Using the BCS linear algebra-based methods, as originally derived, leads to the same bracket for everyone. The key to producing your own mathematically generated bracket is determining the importance of a game. One popular method is breaking a season into four parts. The choice is then how much to count a game in each quarter of the season. Team records do not distinguish a “good win” from a “bad loss”— a win is a win. In our methods, games can vary in their importance. For instance, let’s count (weigh) the games in the first quarter of the season as half a win and loss for the respective teams. In the second quarter of the season, the games will count as 0.75 a game and so on. Is the last part of the season leading into the tournament the most instrumental in predicting a team’s success? If so, maybe you could weight it as 1.25 game, or even 2.
The higher the weight, the more your final ranking will reward teams with momentum in that last quarter of the season.
Now, keep in mind that this step, as well, integrates the strength of schedule. If the final quarter of the season has the highest weight, then a team improves its ranking by beating high quality teams in the final quarter of the season. In a sense, this type of model is developed under an assumption that having momentum in the last quarter of the season is predictive of playing well in the Tournament.
Now, let’s look more closely at the decisions necessary in using, in particular, the online codes. First, we adapted two BCS methods. The Colley method considers only wins and losses and integrates Bayesian probabilities into the calculations. The other method, called the Massey method, integrates scores. We have found that when there is a lot of parity in the teams the Massey method can struggle as scores can create noise rather than differentiation. For instance, a 20-point blow-out might end up as an eight-point win when second teamers finish the game and a two-point game gets stretched to
12 when the leading team hits free throws down the stretch.

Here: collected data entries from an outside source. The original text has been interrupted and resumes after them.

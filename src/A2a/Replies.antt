-- ===== src/A2a/Replies.antt =====
-- HandleJsonRpc of A2AHandler with TaskSend, one request from its arrival to its reply.
use claw.Base.{
  ℕ, String, ◌⧺◌, ◌≡◌, ◌⊎◌, Bool, true, false, not, Option, none, some, [], ◌==◌, string_eq,
  if◌then◌else◌, ◌≢◌,
}
use claw.Base.Int.{ℤ, negsuc}
use claw.Json.{JsonLib, value}
use claw.A2a.Defs.{
  A2aHandler, json_rpc_error, json_rpc_result, submit_task, work_task, complete_task, refused,
  accepted, check_message, sent_reply, Replied, task_get, task_cancel,
}

-- What one call of HandleJsonRpc meets outside of the handler: the identifier and the times it is
-- given, the answer of the agent (`none` where ProcessPrompt throws), and what the other threads do to
-- the handler before TaskSend marks the task as working, and while the agent is asked.
pub record Surroundings (J : Type 0) : Type 0 where
  pub task_id : String
  pub created_at : String
  pub worked_at : String
  pub completed_at : String
  pub replied_at : String
  pub process_prompt : String → String → Option String
  pub before_work : A2aHandler J → A2aHandler J
  pub while_asked : A2aHandler J → A2aHandler J

module _ (json : JsonLib) where
  open json use {Json, at, is_object, is_string, equal, get_string, of_string, null, of_items}

  abbrev as_json : Json → Option Json
  as_json j = some j

  -- From the accepted message on.
  abbrev pub served : Surroundings Json → A2aHandler Json → Json → String → Replied json
  served w h message text =
      let h1 = submit_task json h w.task_id w.created_at message in
      let h2 = w.while_asked (work_task json (w.before_work h1) w.task_id w.worked_at) in
      elim (w.process_prompt ("a2a_" ⧺ w.task_id) text) [
        | none ↦ (none, h2)
        | some result ↦ (
          some (sent_reply json w.task_id result w.created_at w.replied_at),
          complete_task json h2 w.task_id w.completed_at result,
        )
      ]

  unfoldable pub task_send : Surroundings Json → A2aHandler Json → Json → Replied json
  task_send w h params = elim (check_message json params) [
    | none ↦ (none, h)
    | some (refused reply) ↦ (some reply, h)
    | some (accepted message text) ↦ served w h message text
  ]

  abbrev result_reply : Json → Replied json → Replied json
  result_reply id (none, h) = (none, h)
  result_reply id (some r, h) = (some (json_rpc_result json r id), h)

  abbrev pub request_id : Json → Option Json
  request_id request = value json as_json request "id" null

  abbrev error_reply : A2aHandler Json → ℕ → String → Option Json → Replied json
  error_reply h code message none = (none, h)
  error_reply h code message (some id) = (some (json_rpc_error json (negsuc code) message id), h)

  abbrev all_params : Json → Option Json
  all_params request = value json as_json request "params" (of_items [])

  is_version_2 : Json → Bool
  is_version_2 request = elim (at request "jsonrpc") [
    | none ↦ false
    | some v ↦ equal v (of_string "2.0")
  ]

  method_of : Json → Option Json
  method_of request = elim (at request "method") [
    | none ↦ none
    | some m ↦ if is_string m then some m else none
  ]

  abbrev route : Surroundings Json → A2aHandler Json → String → Json → Json → Replied json
  route w h method params id =
      if method == "tasks/send"
      then result_reply id (task_send w h params)
      else if method == "tasks/get"
      then result_reply id (task_get json h params)
      else if method == "tasks/cancel"
      then result_reply id (task_cancel json h params w.completed_at)
      else error_reply h 32600 ("Method not found: " ⧺ method) (some id)

  -- Where one of the conversions throws, there is no reply.
  abbrev route_all :
      Surroundings Json → A2aHandler Json → Option String → Option Json → Option Json → Replied json
  route_all w h (some method) (some params) (some id) = route w h method params id
  route_all w h none params id = (none, h)
  route_all w h (some method) none id = (none, h)
  route_all w h (some method) (some params) none = (none, h)

  -- -32600 is `negsuc 32599`, and -32601 `negsuc 32600`.
  unfoldable pub handle_json_rpc : Surroundings Json → A2aHandler Json → Json → Replied json
  unfolding is_version_2 method_of
  handle_json_rpc w h request =
      if not (is_version_2 request)
      then error_reply h 32599 "Invalid Request" (request_id request)
      else elim (method_of request) [
        | none ↦ error_reply h 32599 "Missing method" (request_id request)
        | some m ↦ route_all w h (get_string m) (all_params request) (request_id request)
      ]

  abbrev pub IsVersion2 : Json → Type 0
  IsVersion2 request =
      (v : Json) × (at request "jsonrpc" ≡ some v) × (equal v (of_string "2.0") ≡ true)

  -- The method of the request is a text that reads as the name.
  abbrev pub Calls : Json → String → Type 0
  Calls request method =
      (m : Json) × (at request "method" ≡ some m)
      × (is_string m ≡ true)
      × (get_string m ≡ some method)

  -- What TaskSend, TaskGet or TaskCancel makes of the parameters, as the request calls it.
  abbrev pub Serves : Surroundings Json → A2aHandler Json → Json → Replied json → Type 0
  Serves w h request r =
      IsVersion2 request
      × (params : Json) × (all_params request ≡ some params)
      × ((Calls request "tasks/send" × (r ≡ task_send w h params))
          ⊎ (Calls request "tasks/get" × (r ≡ task_get json h params))
          ⊎ (Calls request "tasks/cancel" × (r ≡ task_cancel json h params w.completed_at)))

  abbrev pub IsOther : String → Type 0
  IsOther method = (method ≢ "tasks/send") × (method ≢ "tasks/get") × (method ≢ "tasks/cancel")

  -- The reason of an error, with its code.
  abbrev pub IsRefused : Json → ℤ → Type 0
  IsRefused request code =
      ((code ≡ negsuc 32599) × (IsVersion2 request → ⊥))
      ⊎ ((code ≡ negsuc 32599) × ((m : Json) → at request "method" ≡ some m → is_string m ≡ false))
      ⊎ ((code ≡ negsuc 32600) × (method : String) × Calls request method × IsOther method)

  -- A reply that names the request: the result of the operation called, or an error that has a reason
  -- and left the handler as it was. Where a conversion throws, there is none.
  abbrev pub Answers : Surroundings Json → A2aHandler Json → Json → Replied json → Type 0
  Answers w h request (none, h') = (h' ≡ h) ⊎ Serves w h request (none, h')
  Answers w h request (some reply, h') =
      (x : Json) × (request_id request ≡ some x)
      × (((r : Json) × (reply ≡ json_rpc_result json r x) × Serves w h request (some r, h'))
          ⊎ ((code : ℤ) × (message : String) × (reply ≡ json_rpc_error json code message x)
              × IsRefused request code
              × (h' ≡ h)))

Up until now, we have discussed using temporal data to vary the importance of games. One might have games in the final quarter count as 1.4 wins and 1.4 losses. One may also want to weight wins at home with a different weight than wins on the road, weighting the ability to win on the road higher (see “Picking winners,” below).

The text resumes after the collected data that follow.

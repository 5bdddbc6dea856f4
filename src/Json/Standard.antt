-- ===== src/Json/Standard.antt =====
-- What the JSON library promises of the values that it makes.
use claw.Base.{
  String, ◌≡◌, Bool, true, Option, none, some, List, [], ◌∷◌, ◌==◌, string_eq, if◌then◌else◌,
}
use claw.Base.Int.{ℤ}
use claw.Json.{JsonLib, value}

-- The first member of a name.
abbrev pub first_of : {J : Type 0} → List (String × J) → String → Option J
first_of [] key = none
first_of ((k, j) ∷ rest) key = if k == key then some j else first_of rest key

pub record IsStandard (json : JsonLib) : Type 0 where
  pub is_object-of_items :
      (items : List (String × json.Json)) → json.is_object (json.of_items items) ≡ true
  pub at-of_items :
      (items : List (String × json.Json)) (key : String)
      → json.at (json.of_items items) key ≡ first_of items key
  pub get_string-of_string : (s : String) → json.get_string (json.of_string s) ≡ some s
  pub get_int-of_int : (n : ℤ) → json.get_int (json.of_int n) ≡ some n
  pub get_bool-of_bool : (b : Bool) → json.get_bool (json.of_bool b) ≡ some b
  pub is_array-of_elements : (l : List json.Json) → json.is_array (json.of_elements l) ≡ true
  pub elements-of_elements : (l : List json.Json) → json.elements (json.of_elements l) ≡ l

module _ (json : JsonLib) (standard : IsStandard json) where
  open json use {Json, at, get_string, of_items}
  open standard use {is_object-of_items, at-of_items}

  pub value-of_items :
      {A : Type 0} (convert : Json → Option A) (items : List (String × Json)) (key : String)
      (d a : A) (j : Json)
      → first_of items key ≡ some j
      → convert j ≡ some a
      → value json convert (of_items items) key d ≡ some a
  value-of_items convert items key d a j found h =
      rw (is_object-of_items items, at-of_items items key, found) h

What parameters should you weight, possibly integrating statistics not listed here? In part, that’s your choice. You may want to use other methods such as regression and machine learning to determine which factors lead to your weightings for games. In this case, finding your ideal weight can lead to big improvements in your bracket performance. Keep in mind, however, that the tournament is inherently maddening and while you might improve your odds of winning, the search for perfection can be quite elusive.